Your objective
Provide again, from the entries below, every line from the one containing "-- ZADD with INCR: a" through the one containing "-- ZRANGEBYSCORE and ZREVRANGEBYSCORE", exactly as written, and no other line.

---

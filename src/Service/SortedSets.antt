-- ===== src/Service/SortedSets.antt =====
-- redis.cc: the requests on sorted sets, as requests of Service/Strings. `stod`, `stoi` and `stol`
-- are the C++ library's; `order` is the order in which an unordered map gives its entries.
use Prim.Native.Nat.{bit_or}
use pedis.Base.{
  ℕ, ◌+◌, ◌%◌, Bool, false, none, List, [], ◌∷◌, ◌==◌, ◌&&◌, not, if◌then◌else◌, leb, length, map,
}
use pedis.Base.Int.{ℤ}
use pedis.Base.Bytes.{Bytes, bytes_eq}
use pedis.TimerSet.{TimerSet}
use pedis.Double.{Double}
use pedis.Database.SortedSets
use pedis.Service.{
  Number, with_number, Host, Shards, Served, serve_on, try_on, refuse, redis_key, cpu_of,
}
use pedis.Service.Lists.{toupper}

-- "WITHSCORES", as the fourth of four arguments
abbrev pub withscores_text : Bytes
withscores_text = b'W' ∷ b'I' ∷ b'T' ∷ b'H' ∷ b'S' ∷ b'C' ∷ b'O' ∷ b'R' ∷ b'E' ∷ b'S' ∷ []

unfoldable pub with_score : List Bytes → Bool
with_score (ws ∷ []) = bytes_eq (map toupper ws) withscores_text
with_score _ = false

-- The first argument of ZADD after the key, in lower case
abbrev pub tolower : ℕ → ℕ
tolower c = if leb b'A' c && leb c b'Z' then c + 32 else c

pub data Mode : Type 0 where
  nx xx ch incr none_given : Mode

unfoldable pub zadd_mode : Bytes → Mode
zadd_mode text =
    let un = map tolower text in
    if bytes_eq un (b'n' ∷ b'x' ∷ [])
    then Mode.nx
    else if bytes_eq un (b'x' ∷ b'x' ∷ [])
    then Mode.xx
    else if bytes_eq un (b'c' ∷ b'h' ∷ [])
    then Mode.ch
    else if bytes_eq un (b'i' ∷ b'n' ∷ b'c' ∷ b'r' ∷ [])
    then Mode.incr
    else Mode.none_given

-- `_tmp_key_scores.emplace`: a member that is there keeps its score.
unfoldable pub emplace_score : {F : Type 0} → Bytes → F → List (Bytes × F) → List (Bytes × F)
emplace_score k v [] = (k, v) ∷ []
emplace_score k v ((k', v') ∷ l) =
    let rest = emplace_score k v l in if bytes_eq k k' then (k', v') ∷ l else (k', v') ∷ rest

module _ {F : Type 0} (stod : Bytes → Number F) where
  -- The loop of ZADD over scores and members
  unfoldable pub read_scores : List Bytes → List (Bytes × F) → Number (List (Bytes × F))
  unfolding emplace_score
  read_scores (score ∷ member ∷ rest) found = elim (stod score) [
    | Number.value x ↦ read_scores rest (emplace_score member x found)
    | Number.invalid_argument ↦ Number.invalid_argument
    | Number.out_of_range ↦ Number.out_of_range
  ]
  read_scores _ found = Number.value found

module _ {F S : Type 0} ⦃D : Double F⦄ (H : Host) (stod : Bytes → Number F) where
  -- ZINCRBY
  unfoldable pub zincrby : List Bytes → Shards F S → Served F S
  zincrby (key ∷ text ∷ member ∷ _) m =
      with_number (stod text)
        (λ delta. serve_on (cpu_of H key) (SortedSets.zincrby (redis_key H key) member delta) m) m
  zincrby _ m = refuse m

  -- ZADD with the flags, from the first score on
  unfoldable pub zadd_scores :
      (List (Bytes × F) → List (Bytes × F)) → ℕ → Bytes → List Bytes → Shards F S → Served F S
  unfolding read_scores
  zadd_scores order flags key args m =
      if not (length args % 2 == 0)
      then refuse m
      else with_number (read_scores stod args [])
          (λ scores.
            try_on (cpu_of H key) (SortedSets.zadds (redis_key H key) (order scores) flags) m)
          m

  -- ZADD with INCR: a missing member is a read past the arguments.
  unfoldable pub zadd_incr : Bytes → List Bytes → Shards F S → Served F S
  zadd_incr key (delta ∷ member ∷ []) m =
      with_number (stod delta)
        (λ score. serve_on (cpu_of H key) (SortedSets.zincrby (redis_key H key) member score) m) m
  zadd_incr key (_ ∷ _ ∷ _ ∷ _) m = refuse m
  zadd_incr key _ m = none

  -- ZADD
  unfoldable pub zadd : (List (Bytes × F) → List (Bytes × F)) → List Bytes → Shards F S → Served F S
  unfolding zadd_scores zadd_incr
  zadd order (key ∷ first ∷ second ∷ rest) m = elim (zadd_mode first) [
    | nx ↦ zadd_scores order (bit_or SortedSets.zadd_ch SortedSets.zadd_nx) key (second ∷ rest) m
    | xx ↦ zadd_scores order (bit_or SortedSets.zadd_ch SortedSets.zadd_xx) key (second ∷ rest) m
    | ch ↦ zadd_scores order SortedSets.zadd_ch key (second ∷ rest) m
    | incr ↦ zadd_incr key (second ∷ rest) m
    | none_given ↦ zadd_scores order SortedSets.zadd_ch key (first ∷ second ∷ rest) m
  ]
  zadd order _ m = refuse m

  -- ZRANGEBYSCORE and ZREVRANGEBYSCORE
  unfoldable pub zrangebyscore : Bool → List Bytes → Shards F S → Served F S
  unfolding with_score
  zrangebyscore reversed (key ∷ s ∷ e ∷ rest) m =
      with_number (stod s)
        (λ min.
          with_number (stod e)
            (λ max.
              serve_on (cpu_of H key)
                (SortedSets.zrangebyscore (redis_key H key) min max reversed (with_score rest)) m)
            m)
        m
  zrangebyscore reversed _ m = refuse m

  -- ZCOUNT asks for one argument, and reads three.
  unfoldable pub zcount : List Bytes → Shards F S → Served F S
  zcount [] m = refuse m
  zcount (key ∷ s ∷ e ∷ _) m =
      with_number (stod s)
        (λ min.
          with_number (stod e)
            (λ max. serve_on (cpu_of H key) (SortedSets.zcount (redis_key H key) min max) m) m)
        m
  zcount _ m = none

module _ {F S : Type 0} (H : Host) where
  -- ZCARD
  unfoldable pub zcard : List Bytes → Shards F S → Served F S
  zcard [] m = refuse m
  zcard (key ∷ _) m = serve_on (cpu_of H key) (SortedSets.zcard (redis_key H key)) m

  -- ZRANGE and ZREVRANGE
  unfoldable pub zrange : (Bytes → Number ℤ) → Bool → List Bytes → Shards F S → Served F S
  unfolding with_score
  zrange stoi reversed (key ∷ s ∷ e ∷ rest) m =
      with_number (stoi s)
        (λ begin.
          with_number (stoi e)
            (λ end.
              serve_on (cpu_of H key)
                (SortedSets.zrange (redis_key H key) begin end reversed (with_score rest)) m)
            m)
        m
  zrange stoi reversed _ m = refuse m

  -- ZRANK and ZREVRANK
  unfoldable pub zrank : Bool → List Bytes → Shards F S → Served F S
  zrank reversed (key ∷ member ∷ _) m =
      serve_on (cpu_of H key) (SortedSets.zrank (redis_key H key) member reversed) m
  zrank reversed _ m = refuse m

  -- ZSCORE
  unfoldable pub zscore : List Bytes → Shards F S → Served F S
  zscore (key ∷ member ∷ _) m =
      serve_on (cpu_of H key) (SortedSets.zscore (redis_key H key) member) m
  zscore _ m = refuse m

module _ {F S : Type 0} ⦃T : TimerSet S⦄ (H : Host) where
  -- ZREM
  unfoldable pub zrem : List Bytes → Shards F S → Served F S
  zrem (key ∷ member ∷ members) m =
      serve_on (cpu_of H key) (SortedSets.zrem (redis_key H key) (member ∷ members)) m
  zrem _ m = refuse m

  -- ZREMRANGEBYRANK
  unfoldable pub zremrangebyrank : (Bytes → Number ℤ) → List Bytes → Shards F S → Served F S
  zremrangebyrank stol (key ∷ s ∷ e ∷ _) m =
      with_number (stol s)
        (λ begin.
          with_number (stol e)
            (λ end.
              serve_on (cpu_of H key) (SortedSets.zremrangebyrank (redis_key H key) begin end) m)
            m)
        m
  zremrangebyrank stol _ m = refuse m

module _ {F S : Type 0} ⦃D : Double F⦄ ⦃T : TimerSet S⦄ (H : Host) (stod : Bytes → Number F) where
  -- ZREMRANGEBYSCORE
  unfoldable pub zremrangebyscore : List Bytes → Shards F S → Served F S
  zremrangebyscore (key ∷ s ∷ e ∷ _) m =
      with_number (stod s)
        (λ min.
          with_number (stod e)
            (λ max.
              serve_on (cpu_of H key) (SortedSets.zremrangebyscore (redis_key H key) min max) m)
            m)
        m
  zremrangebyscore _ m = refuse m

---

Your response
  -- ZADD with INCR: a missing member is a read past the arguments.
  unfoldable pub zadd_incr : Bytes → List Bytes → Shards F S → Served F S
  zadd_incr key (delta ∷ member ∷ []) m =
      with_number (stod delta)
        (λ score. serve_on (cpu_of H key) (SortedSets.zincrby (redis_key H key) member score) m) m
  zadd_incr key (_ ∷ _ ∷ _ ∷ _) m = refuse m
  zadd_incr key _ m = none

  -- ZADD
  unfoldable pub zadd : (List (Bytes × F) → List (Bytes × F)) → List Bytes → Shards F S → Served F S
  unfolding zadd_scores zadd_incr
  zadd order (key ∷ first ∷ second ∷ rest) m = elim (zadd_mode first) [
    | nx ↦ zadd_scores order (bit_or SortedSets.zadd_ch SortedSets.zadd_nx) key (second ∷ rest) m
    | xx ↦ zadd_scores order (bit_or SortedSets.zadd_ch SortedSets.zadd_xx) key (second ∷ rest) m
    | ch ↦ zadd_scores order SortedSets.zadd_ch key (second ∷ rest) m
    | incr ↦ zadd_incr key (second ∷ rest) m
    | none_given ↦ zadd_scores order SortedSets.zadd_ch key (first ∷ second ∷ rest) m
  ]
  zadd order _ m = refuse m

  -- ZRANGEBYSCORE and ZREVRANGEBYSCORE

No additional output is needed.